I'm not aware of any 35 series that regularly embed in an ODA - an ODA has a great deal of capability from every warfighting function, including intelligence - it's one of the reasons the 18-series is such a difficult job to assess into and complete the qualifications.  There are a variety of intelligence functions that support SOF, probably the closest is SIGINT in SOT-A teams, which there are several threads on here.

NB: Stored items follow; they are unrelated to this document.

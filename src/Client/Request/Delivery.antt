-- ===== src/Client/Request/Delivery.antt =====
-- What a peer receives of a command: `send_command` of clients/rust/src/lib.rs, for all twelve.
use sysadmin.Base.{
  none, ◌≢◌, ap, ap₂, ◌∙◌, IsU32, some, ◌++◌, length, ◌≡◌, refl, Result, ok, err, panic, stuck,
}
use sysadmin.Protobuf.{Bytes, Protobuf}
use sysadmin.Protobuf.Laws.{IsLawful, Fits}
use sysadmin.Protobuf.Totality.{IsTotal}
use sysadmin.Wire.Transfer.{parse_from_bytes-encode}
use sysadmin.Ctl.Command
use sysadmin.Ctl.Command.Laws as CommandLaws
use sysadmin.Ctl.Response.{Response}
use sysadmin.Client.Net.{Net}
use sysadmin.Client.Net.Laws as NetLaws
use sysadmin.Client.Session.{request, send}
use sysadmin.Client.Session.Monad
use sysadmin.Client.Session.Monad.{
  SysadminError, sysadmin_connection_error, SysadminClient, M, IsOk,
}
use sysadmin.Client.Send.Exchange.{send-frame, send-ne-panic, send_unconnected}
use sysadmin.Client.Commands.{
  request_into, send_set, send_commit, send_drop, send_fire_hooks, send_reset, send_dump_hooks,
  send_in_flight, send_erase_key, send_trigger_hook, send_blame, send_get, send_rollback,
}
use sysadmin.Client.Request.{
  Request, IsRequest, to_command, read_command, set, commit, drop, fire_hooks, reset, dump_hooks,
  in_flight, erase_key, trigger_hook, blame, get, rollback,
}
use sysadmin.Client.Request.Built.{to_command-initialized, to_command-IsValid}
use sysadmin.Client.Request.Reading.{read_command-fresh, ids-fresh}

module _ ⦃P : Protobuf⦄ ⦃N : Net P⦄ where
  -- An outcome whose response is forgotten.
  abbrev pub discard : {A : Type 0} → Result SysadminError A → Result SysadminError (Unit {0})
  discard (ok a) = ok tt
  discard (err e) = err e
  discard panic = panic
  discard stuck = stuck

  abbrev pub forget :
      {A : Type 0}
      → Result SysadminError A × SysadminClient
      → Result SysadminError (Unit {0}) × SysadminClient
  forget (r, c) = (discard r, c)

  -- `send_command` of the request's own struct.
  unfoldable pub send_request : Request → M (Unit {0})
  unfolding send_set send_commit send_drop send_fire_hooks send_reset send_dump_hooks send_in_flight
      send_erase_key send_trigger_hook send_blame send_get send_rollback
  send_request (set x) c = forget (send_set x c)
  send_request (commit x) c = forget (send_commit x c)
  send_request (drop x) c = forget (send_drop x c)
  send_request (fire_hooks x) c = forget (send_fire_hooks x c)
  send_request (reset x) c = forget (send_reset x c)
  send_request (dump_hooks x) c = forget (send_dump_hooks x c)
  send_request (in_flight x) c = forget (send_in_flight x c)
  send_request (erase_key x) c = forget (send_erase_key x c)
  send_request (trigger_hook x) c = forget (send_trigger_hook x c)
  send_request (blame x) c = forget (send_blame x c)
  send_request (get x) c = forget (send_get x c)
  send_request (rollback x) c = forget (send_rollback x c)

  -- The outcome `r` is that of `s`, except that a success may fail in the conversion: an error is the
  -- same error.
  abbrev Follows :
      Result SysadminError (Unit {0}) × SysadminClient
      → Result SysadminError Response × SysadminClient
      → Type 0
  Follows r s =
      (IsOk r.0 → IsOk s.0) × (r.1 ≡ s.1) × ((e : SysadminError) → s.0 ≡ err e → r.0 ≡ err e)

  converted :
      {A : Type 0} (f : Response → Result SysadminError A)
      (s : Result SysadminError Response × SysadminClient)
      → Follows (forget (Monad.and_then s λ resp. Monad.lift (λ e. e) (f resp))) s
  converted f (ok resp, c) = (λ o. tt, refl, λ e p. cc)
  converted f (err x, c) = (λ o. o, refl, λ e p. ap discard p)
  converted f (panic, c) = (λ o. o, refl, λ e p. cc)
  converted f (stuck, c) = (λ o. o, refl, λ e p. cc)

  follows :
      (r : Request) (c : SysadminClient) → Follows (send_request r c) (send (to_command r c) c)
  unfolding send_request to_command request_into request
  follows (set x) c = converted _ _
  follows (commit x) c = converted _ _
  follows (drop x) c = converted _ _
  follows (fire_hooks x) c = converted _ _
  follows (reset x) c = converted _ _
  follows (dump_hooks x) c = converted _ _
  follows (in_flight x) c = converted _ _
  follows (erase_key x) c = converted _ _
  follows (trigger_hook x) c = converted _ _
  follows (blame x) c = converted _ _
  follows (get x) c = converted _ _
  follows (rollback x) c = converted _ _

  module _ (L : IsLawful P) where
    -- The bytes of the command of a request whose values and identifiers are of their Rust types,
    -- and whose encoding a `u32` can count, are parsed into a command that stands for the same
    -- request and carries the identifiers of the client.
    pub parse-to_command :
        (r : Request) (c : SysadminClient)
        → IsRequest L r
        → IsU32 c.id
        → IsU32 c.xid
        → Fits (CommandLaws.encode L (to_command r c))
        → (m : Command.Command) × (P.parse_from_bytes Command.message
              (CommandLaws.encode L (to_command r c))
            ≡ ok m)
          × (read_command m ≡ some r)
          × (m.id ≡ some c.id)
          × (m.xid ≡ some c.xid)
    unfolding Command.message CommandLaws.codec
    parse-to_command r c valid id xid fits =
        let (same_id, same_xid) = ids-fresh L r c in
        (
          CommandLaws.fresh L (to_command r c),
          parse_from_bytes-encode L (CommandLaws.codec L) (to_command r c)
              (to_command-initialized r c) fits (to_command-IsValid L r c valid id xid),
          read_command-fresh L r c,
          same_id,
          same_xid,
        )

    -- On a connected client, for a request whose values and identifiers are of their Rust types and
    -- whose encoding a `u32` can count: when `send_command` of any of the twelve commands succeeds,
    -- what it has handed over to the socket is one frame, a length and that many bytes, which a peer
    -- parses into a command that stands for the same request with the identifiers of the client. Of
    -- the client, only the stream has changed.
    pub send_request-delivers :
        (T : IsTotal P) (K : NetLaws.IsLawful N) (r : Request) (c : SysadminClient)
        (s : N.TcpStream)
        → c.stream ≡ some s
        → IsRequest L r
        → IsU32 c.id
        → IsU32 c.xid
        → Fits (CommandLaws.encode L (to_command r c))
        → IsOk (send_request r c).0
        → (t : N.TcpStream) × (bs : Bytes) × (m : Command.Command) × ((send_request r c).1
            ≡ record c { stream = some t })
          × (K.sent t ≡ K.sent s ++ (N.little_endian32 (length bs) ++ bs))
          × (P.parse_from_bytes Command.message bs ≡ ok m)
          × (read_command m ≡ some r)
          × (m.id ≡ some c.id)
          × (m.xid ≡ some c.xid)
    send_request-delivers T K r c s up valid id xid fits o =
        let (success, after, failure) = follows r c in
        let (t, still, wrote) =
          send-frame L T K (to_command r c) c s up (to_command-initialized r c) fits (success o) in
        let (m, parsed, reads, same_id, same_xid) = parse-to_command r c valid id xid fits in
        (
          t,
          CommandLaws.encode L (to_command r c),
          m,
          rw (after, still),
          wrote,
          parsed,
          reads,
          same_id,
          same_xid,
        )

    -- On a connected client none of the twelve commands makes `send` panic, if a `u32` can count its
    -- encoding: both of its assertions hold, whatever the socket does and whatever it answers.
    pub send-to_command :
        (T : IsTotal P) (K : NetLaws.IsLawful N) (r : Request) (c : SysadminClient)
        (s : N.TcpStream)
        → c.stream ≡ some s
        → Fits (CommandLaws.encode L (to_command r c))
        → (send (to_command r c) c).0 ≢ panic
    send-to_command T K r c s up fits =
        (send-ne-panic L T K (to_command r c) c s up (to_command-initialized r c) fits).0

  -- Without a connection `send_command` of each of the twelve commands returns the error of the source,
  -- a connection error with its text, and leaves the client as it was.
  pub send_request-unconnected :
      (r : Request) (c : SysadminClient)
      → c.stream ≡ none
      → send_request r c
        ≡ (err (sysadmin_connection_error "Command issued before connection was init"), c)
  send_request-unconnected r c down =
      let (success, after, failure) = follows r c in
      let e = send_unconnected (to_command r c) c down in
      ap₂ (λ r d. (r, d)) (failure _ (ap (λ x. x.0) e)) (after ∙ ap (λ x. x.1) e)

I have to echo @AWP - if you want to be intel, be intel.  If you want to be SOF, be SOF.  After you're successful in one if you want to migrate over go ahead.  18 series is one of the toughest things to do out there - but there's no other job in the Army (and few outside it) that aren't going to look favorably on a long tab wanting to join their ranks.


----------



## AWP (Jun 29, 2017)

Gurahiyi said:


> I don't seem to understand this part. Anyone who attends a Service Academy has a mandatory service obligation at the end. I would of course try to spend that time back in SF (of whatever branch I was in). Being able to attend one of the Service Academies is an incredible opportunity, I feel it would be foolish to turn down such a chance. If anything, in my mind at least (which may be incorrrect), I look at like any other training school (say pathfinder or airborne or ranger or whatever have you) just... very extended. In any case if I return to the SF community and apply what I learn, how is it wrong?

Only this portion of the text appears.